Private firms selected by the state are supposed to invest $56 million of the total $84 million InvestMaryland fund, with the state investing the remainder. The money was raised through an online auction of insurance premium tax credits in March 2012. Ten companies with operations in Maryland bid on the credits, which will become available in 2015.

The Department of Business and Economic Development estimates that investments will ultimately be made in 40 to 80 companies a year. State investments will be made in startup firms where there is more risk, while the private venture capitalists will target more mature, early and growth-stage companies.

With the changes, Dann said he expected all but about $5 million of the $56 million allocation for private firms to be awarded to private venture funds this summer. The changes couldn’t come soon enough, he said.

“My request was for the first [bill] signing,” Dann said. “There’s been no negative impact from the delay.”

The bill came under fire in the final days of the General Assembly when some Republicans in the House of Delegates criticized InvestMaryland, saying it was a bad sign the program — created during the 2011 legislative session — already needed tweaks in order to be successful.

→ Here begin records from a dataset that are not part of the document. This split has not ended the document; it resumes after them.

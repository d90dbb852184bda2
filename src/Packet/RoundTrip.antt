-- ===== src/Packet/RoundTrip.antt =====
-- A payload survives the wire format, and a packet that is sent is received as it was.
use nemo_core.Prelude.{ℕ, ◌≤◌, ◌≡◌, false, Option, some, if◌then◌else◌, sym}
use nemo_core.Convert.{ByteOrder, IsByteOrder}
use nemo_core.Convert.Integers.{ntohll-htonll, ntohll-lt}
use nemo_core.Payload.{Payload, IsPayload, SockAddr, payload_magic, payload_version, payload_size}
use nemo_core.Channel.{Channel}
use nemo_core.Packet.{
  Labels, Received, Wrapper, Message, encode_payload, decode_payload, retrieve_ttl, send_packet,
  receive_packet,
}
use nemo_core.Packet.Receive.{IsGood, receive_packet_iff}

-- Decoding undoes encoding, on a host of either byte order.
pub decode-encode :
    (bo : ByteOrder)
    → IsByteOrder bo
    → (p : Payload) → IsPayload p
    → decode_payload bo (encode_payload bo p) ≡ p
unfolding encode_payload decode_payload
decode-encode bo law p h = λ i. record {
  pl_mgic = law.ntohs-htons p.pl_mgic h.mgic_lt i;
  pl_len = law.ntohs-htons p.pl_len h.len_lt i;
  pl_fver = p.pl_fver;
  pl_type = p.pl_type;
  pl_pad = p.pl_pad;
  pl_pad2 = p.pl_pad2;
  pl_ttl1 = p.pl_ttl1;
  pl_ttl2 = p.pl_ttl2;
  pl_snum = ntohll-htonll bo law p.pl_snum h.snum_lt i;
  pl_slen = ntohll-htonll bo law p.pl_slen h.slen_lt i;
  pl_key = ntohll-htonll bo law p.pl_key h.key_lt i;
  pl_mtm1 = ntohll-htonll bo law p.pl_mtm1 h.mtm1_lt i;
  pl_rtm1 = ntohll-htonll bo law p.pl_rtm1 h.rtm1_lt i;
  pl_mtm2 = ntohll-htonll bo law p.pl_mtm2 h.mtm2_lt i;
  pl_rtm2 = ntohll-htonll bo law p.pl_rtm2 h.rtm2_lt i;
  pl_host = p.pl_host;
  pl_pad3 = p.pl_pad3;
}

-- Decoding leaves every field within its type.
pub decode_payload-IsPayload :
    (bo : ByteOrder)
    → IsByteOrder bo
    → (p : Payload) → IsPayload p
    → IsPayload (decode_payload bo p)
unfolding decode_payload
decode_payload-IsPayload bo law p h = record {
  mgic_lt = law.ntohs-lt p.pl_mgic h.mgic_lt;
  len_lt = law.ntohs-lt p.pl_len h.len_lt;
  snum_lt = ntohll-lt bo law p.pl_snum h.snum_lt;
  slen_lt = ntohll-lt bo law p.pl_slen h.slen_lt;
  key_lt = ntohll-lt bo law p.pl_key h.key_lt;
  mtm1_lt = ntohll-lt bo law p.pl_mtm1 h.mtm1_lt;
  rtm1_lt = ntohll-lt bo law p.pl_rtm1 h.rtm1_lt;
  mtm2_lt = ntohll-lt bo law p.pl_mtm2 h.mtm2_lt;
  rtm2_lt = ntohll-lt bo law p.pl_rtm2 h.rtm2_lt;
}

-- The datagram `got` carries the message: all of its bytes arrived.
pub record Carries (m : Message) (got : Received) : Type 0 where
  pub base : got.buffer.base ≡ m.buffer.base
  pub all : got.len ≡ some m.iov_len
  pub whole : got.trunc ≡ false

-- A payload of this version, whose fields fit their types and whose length is at least 128, sent by
-- `send_packet`, whatever the buffer held before, is accepted by `receive_packet` when the datagram
-- arrives whole, and the receiver gets the same payload; the byte order functions must be as POSIX
-- says.
pub receive-send :
    (bo : ByteOrder)
    → IsByteOrder bo
    → (k : Labels) (ch ch' : Channel) (wrapper : Wrapper) (p : Payload) (ad : SockAddr)
      (sent : Option ℕ) (got : Received)
    → IsPayload p
    → p.pl_mgic ≡ payload_magic
    → p.pl_fver ≡ payload_version
    → payload_size ≤ p.pl_len
    → Carries (send_packet bo ch wrapper p ad sent).message got
    → (receive_packet bo k ch' got).1
      ≡ some (record {
        pl = p;
        ttl = if got.ctrunc then 0 else retrieve_ttl k got.control;
        addr = got.from;
      })
unfolding send_packet
receive-send bo law k ch ch' wrapper p ad sent got ok magic version enough c =
    (receive_packet_iff bo k ch' got _).1 (
      good,
      λ i. record {
        pl = sym decoded i;
        ttl = if got.ctrunc then 0 else retrieve_ttl k got.control;
        addr = got.from;
      },
    )
  where
    decoded : decode_payload bo got.buffer.base ≡ p
    decoded = rw c.base (decode-encode bo law p ok)

    good : IsGood bo got
    good = record {
      length = rw decoded c.all;
      enough = rw decoded enough;
      whole = c.whole;
      magic = rw decoded magic;
      version = rw decoded version;
    }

Dominick E. Murray, DBED secretary, said InvestMaryland would now be able to operate as originally intended.

“You want to make it easy for us to make these investments,” Murray said. “It’s an important program for us to help small businesses, startups.”

Hundreds of other bills were also signed into law Thursday during the third ceremonial signing since the legislature adjourned its annual 90-day session. Included on the lengthy list was a new $2 million credit for investors in cybersecurity companies, an expansion of early voting, a law redirecting some gas tax revenue to the Waterway Improvement Fund while capping the vessel excise tax and a measure authorizing a medical marijuana program.

“There’s all sort of opportunity on the horizon,” O’Malley said.

The day’s headliner was legislation that repealed Maryland’s death penalty. With hundreds of supporters in attendance, O’Malley — seated between Senate President Thomas V. Mike Miller Jr. and House Speaker Michael E. Busch — signed that bill first, making Maryland the 18th state to abolish capital punishment.

Six groups of lawmakers and advocates posed for photos at the ceremonial bill signing. NAACP President Benjamin Todd Jealous raised his fist into the air when O’Malley thanked him for his lobbying efforts. Others happily accepted souvenir pens from the signing.

Other significant legislation from the legislature’s 2013 session has still not been signed, including one bill that would phase in a gas tax increase that is expected to generate $600 million annually for transportation projects and another that would give Maryland’s some of the nation’s toughest gun control laws.